The skin in those is definitely a little too shiny; it feels weird, like there's a headlamp being used, but at a low power so the shadows on the face aren't getting washed out.
That's definitely not 'normal', but if you're using 3Delight, I'm less sure what's normal or not. :( For the fun of it I'm throwing a Sumiko render together, using one of the older light sets, to see if I see similar problems.
-- Morgan
[Edit: What are your render settings, and what are you using for lighting? Uber environment, AoA Ambient, etc...?]
[Edit2: Here's my quick render; the hands seem okay, although the orange-ish light of sunset is pretty overwhelming. Embedded image is scaled down; click attachment for full size.]
Here are my Render settings:
Render Settings:
Ray trace: 6
Pixel Samples: X=12, Y=12
Shadow Samples: 24
Gain: 1
Shading Rate: 0.20
The lights are three Distant Lights that loaded in with the Parkside Heath set. I added one Spotlight to shine strictly on her face (narrowed the beam). One Distant Light is shining down at about 50 degrees and slightly to the left, looking towards Sumiko's face. The other two are shining in from the left and the right. The spotlight is straight at her face only from the front. No Uber, Ambient... nothing. See attached for light settings.
Hmmm... thinking I should just add an uber light and see what happens.
So I ran into a new problem when I removed all the existing lights and put in a couple different ones. Nothing would render. I left it for 12 hours and not a single square rendered, no errors, nothing. I set it to Progressive On and tried an IPR render in the Aux Viewport and got a single pass over the terrain, but not the character, and then it stopped. I left it for 2 hours but it never did any more. Since it had rendered before with the three Distant Lights I posted the settings for above, I figured it had something to do with the lights. I had changed the three Distant Lights out for an area light and a distant light, but I couldn't remember what packs I had grabbed them out of, as the descriptions are terribly vague.
I did a few test renders with some basic stuff first (the character from the scene with some clothes and a pose (no extra lights), then another with scenery (still not extra lights), then added the AoA Ambient, then adding the AoA Distant) to make sure it wasn't Daz that was broken, but everything was fine, so I went back to the scene and removed the two lights that were causing issues and replaced them with the AoA Advanced Ambient and AoA Advanced Distant.

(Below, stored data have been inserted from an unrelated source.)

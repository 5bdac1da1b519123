-- ===== src/Examples/Override.antt =====
-- The theorem on the query planner's answer at a concrete plan.
use l4_ide.Prelude.{ℕ, true, false, none, List, [], ◌∷◌, ◌==◌, if◌then◌else◌}
use l4_ide.Expr.{true_e, true_v}
use l4_ide.Ladder.Override.{AtomLike, QueryPlan, ShownAnalysis}

-- The atom 7 has the uniques 1 and 2; no other atom is found by its id, and by a label 3 is found.
abbrev by_id : List ℕ → List ℕ
by_id [] = []
by_id (c ∷ cs) = if c == 7 then 1 ∷ 2 ∷ [] else []

abbrev by_label : List ℕ → List ℕ
by_label l = 3 ∷ []

abbrev atom : ℕ → AtomLike
atom n = record { atom_id = n ∷ []; label = 9 ∷ [] }

abbrev two_asks : QueryPlan
two_asks = record {
  asks =
      record { ask = record { container = []; path = []; label = 4 ∷ [] }; atoms = atom 7 ∷ [] }
      ∷ record {
        ask = record { container = []; path = []; label = 4 ∷ [] };
        atoms = atom 8 ∷ atom 7 ∷ [];
      }
      ∷ [];
  ranked = [];
  still_needed = atom 8 ∷ [];
}

abbrev before_plan : ShownAnalysis
before_plan = record {
  analysis = record {
    overall_result = true_v;
    is_determined = true;
    not_asked = [];
    next = [];
    still_needed = [];
    dont_care = 5 ∷ [];
    ranked = [];
    node_relevance = [];
    irrelevant_root_ids = [];
    consulted_uniques = [];
    short_circuited_roots = [];
    short_circuited_node_ids = [];
    restricted_expr = true_e 0 none;
    bdd_stats = none;
    used_bdd = false;
  };
  ask_by_unique = [];
  restricted_expr_text = [];
  declined = none;
}
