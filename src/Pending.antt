-- ===== src/Pending.antt =====
-- ts-shared/legalese-agent/src/pending-interactions.ts: approvals and questions that wait for the user.
-- An id is a number, since the code only compares ids. A promise is a number, in the order in which the
-- promises were made; `settled` lists the promises that were resolved, with what they resolved to.
pub mod Once
pub mod Scope
use Prim.Native.String.{String}
use l4_ide.Prelude.{
  ℕ, suc, ◌+◌, Bool, true, false, ◌&&◌, not, Option, none, some, List, [], ◌∷◌, ◌++◌, ◌==◌,
  if◌then◌else◌, Map, get, set, nat_key, filter, map, any, length,
}

pub data Decision : Type 0 where
  allow deny : Decision

pub record ToolCallContext : Type 0 where
  pub conversation_id : ℕ
  pub turn_id : ℕ

-- A waiting approval or question: the promise that its `resolve` settles, and where it was raised.
pub record Waiting : Type 0 where
  pub promise : ℕ
  pub ctx : ToolCallContext

pub record Early : Type 0 where
  pub decision : Decision
  pub conversation_id : Option ℕ

pub data Settlement : Type 0 where
  decided : Decision → Settlement
  replied : String → Settlement

pub record PendingInteractions : Type 0 where
  pub approvals : Map ℕ Waiting
  pub questions : Map ℕ Waiting
  pub early : Map ℕ Early
  pub made : ℕ
  pub settled : List (ℕ × Settlement)

abbrev pub new_pending : PendingInteractions
new_pending = record { approvals = []; questions = []; early = []; made = 0; settled = [] }

-- `m.delete(k)`
unfoldable pub delete {ℓ} : {V : Type ℓ} → ℕ → Map ℕ V → Map ℕ V
delete k [] = []
delete k ((j, v) ∷ m) = if k == j then m else (j, v) ∷ delete k m

-- `requestApproval`: the promise, and the state after the call.
unfoldable pub request_approval :
    ℕ → ToolCallContext → PendingInteractions → ℕ × PendingInteractions
unfolding get set delete
request_approval call_id ctx s = (s.made, with_early (get call_id s.early))
  where
    with_early : Option Early → PendingInteractions
    with_early none = record s {
      approvals = set call_id (record { promise = s.made; ctx = ctx }) s.approvals;
      made = suc s.made;
    }
    with_early (some e) = record s {
      early = delete call_id s.early;
      made = suc s.made;
      settled = s.settled ++ ((s.made, decided e.decision) ∷ []);
    }

unfoldable pub decide : ℕ → Decision → Option ℕ → PendingInteractions → Bool × PendingInteractions
unfolding get set delete
decide call_id decision conversation_id s = elim (get call_id s.approvals) [
  | none ↦ (
    false,
    record s {
      early =
          set call_id (record { decision = decision; conversation_id = conversation_id }) s.early;
    },
  )
  | some p ↦ (
    true,
    record s {
      approvals = delete call_id s.approvals;
      settled = s.settled ++ ((p.promise, decided decision) ∷ []);
    },
  )
]

unfoldable pub ask_user : ℕ → ToolCallContext → PendingInteractions → ℕ × PendingInteractions
unfolding set
ask_user call_id ctx s = (
  s.made,
  record s {
    questions = set call_id (record { promise = s.made; ctx = ctx }) s.questions;
    made = suc s.made;
  },
)

unfoldable pub answer : ℕ → String → PendingInteractions → Bool × PendingInteractions
unfolding get delete
answer call_id text s = elim (get call_id s.questions) [
  | none ↦ (false, s)
  | some p ↦ (
    true,
    record s {
      questions = delete call_id s.questions;
      settled = s.settled ++ ((p.promise, replied text) ∷ []);
    },
  )
]

unfoldable pub context_for : ℕ → PendingInteractions → Option ToolCallContext
unfolding get
context_for call_id s = elim (get call_id s.approvals) [
  | some p ↦ some p.ctx
  | none ↦ elim (get call_id s.questions) [ some p ↦ some p.ctx | none ↦ none ]
]

abbrev pub pending_approval_count : PendingInteractions → ℕ
pending_approval_count s = length s.approvals

abbrev pub pending_question_count : PendingInteractions → ℕ
pending_question_count s = length s.questions

-- The entries that go on waiting, and the promises of those that do not.
unfoldable pub keep_where : (ToolCallContext → Bool) → Map ℕ Waiting → Map ℕ Waiting
keep_where hit [] = []
keep_where hit ((k, p) ∷ m) = if hit p.ctx then keep_where hit m else (k, p) ∷ keep_where hit m

unfoldable pub settle_where :
    (ToolCallContext → Bool) → Settlement → Map ℕ Waiting → List (ℕ × Settlement)
settle_where hit how [] = []
settle_where hit how ((k, p) ∷ m) =
    if hit p.ctx then (p.promise, how) ∷ settle_where hit how m else settle_where hit how m

unfoldable pub cancel_where :
    (ToolCallContext → Bool) → PendingInteractions → ℕ × PendingInteractions
unfolding keep_where settle_where
cancel_where hit s =
    let denied = settle_where hit (decided deny) s.approvals in
    let skipped = settle_where hit (replied "") s.questions in
    (
      length denied + length skipped,
      record s {
        approvals = keep_where hit s.approvals;
        questions = keep_where hit s.questions;
        settled = s.settled ++ denied ++ skipped;
      },
    )

-- The early decisions without those that are attributed to one of the conversations.
unfoldable pub drop_early : (ℕ → Bool) → Map ℕ Early → Map ℕ Early
drop_early hit [] = []
drop_early hit ((k, e) ∷ m) =
    if attributed e.conversation_id then drop_early hit m else (k, e) ∷ drop_early hit m
  where
    attributed : Option ℕ → Bool
    attributed none = false
    attributed (some c) = hit c

unfoldable pub cancel_conversation : ℕ → PendingInteractions → ℕ × PendingInteractions
unfolding cancel_where drop_early
cancel_conversation conversation_id s =
    cancel_where (λ ctx. ctx.conversation_id == conversation_id)
      (record s { early = drop_early (λ c. c == conversation_id) s.early })

-- The conversations in which the turn raised something that waits.
unfoldable pub conversations_of : ℕ → Map ℕ Waiting → List ℕ
conversations_of turn_id [] = []
conversations_of turn_id ((k, p) ∷ m) =
    if p.ctx.turn_id == turn_id
    then p.ctx.conversation_id ∷ conversations_of turn_id m
    else conversations_of turn_id m

unfoldable pub cancel_turn : ℕ → PendingInteractions → ℕ × PendingInteractions
unfolding cancel_where drop_early conversations_of
cancel_turn turn_id s =
    let conversations =
      conversations_of turn_id s.approvals ++ conversations_of turn_id s.questions in
    cancel_where (λ ctx. ctx.turn_id == turn_id)
      (record s { early = drop_early (λ c. any (λ d. c == d) conversations) s.early })

unfoldable pub cancel_all : PendingInteractions → ℕ × PendingInteractions
unfolding cancel_where
cancel_all s = cancel_where (λ ctx. true) (record s { early = [] })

It now works again, but I want to figure out what those two lights were that seemed to kill Daz's ability to render so I can submit a possible bug. Or, more likely, figure out where I screwed up. The one light I tracked down to be the UberEnvironment2 (Ambient) light from the Genesis Starter Essentials Package. However, I can't figure out what the Distant light is as it's simply called DistantLight in the Scene list. How does one track it back to where it came from???? I'd like to find out and do some simple tests to see if it's actually broken.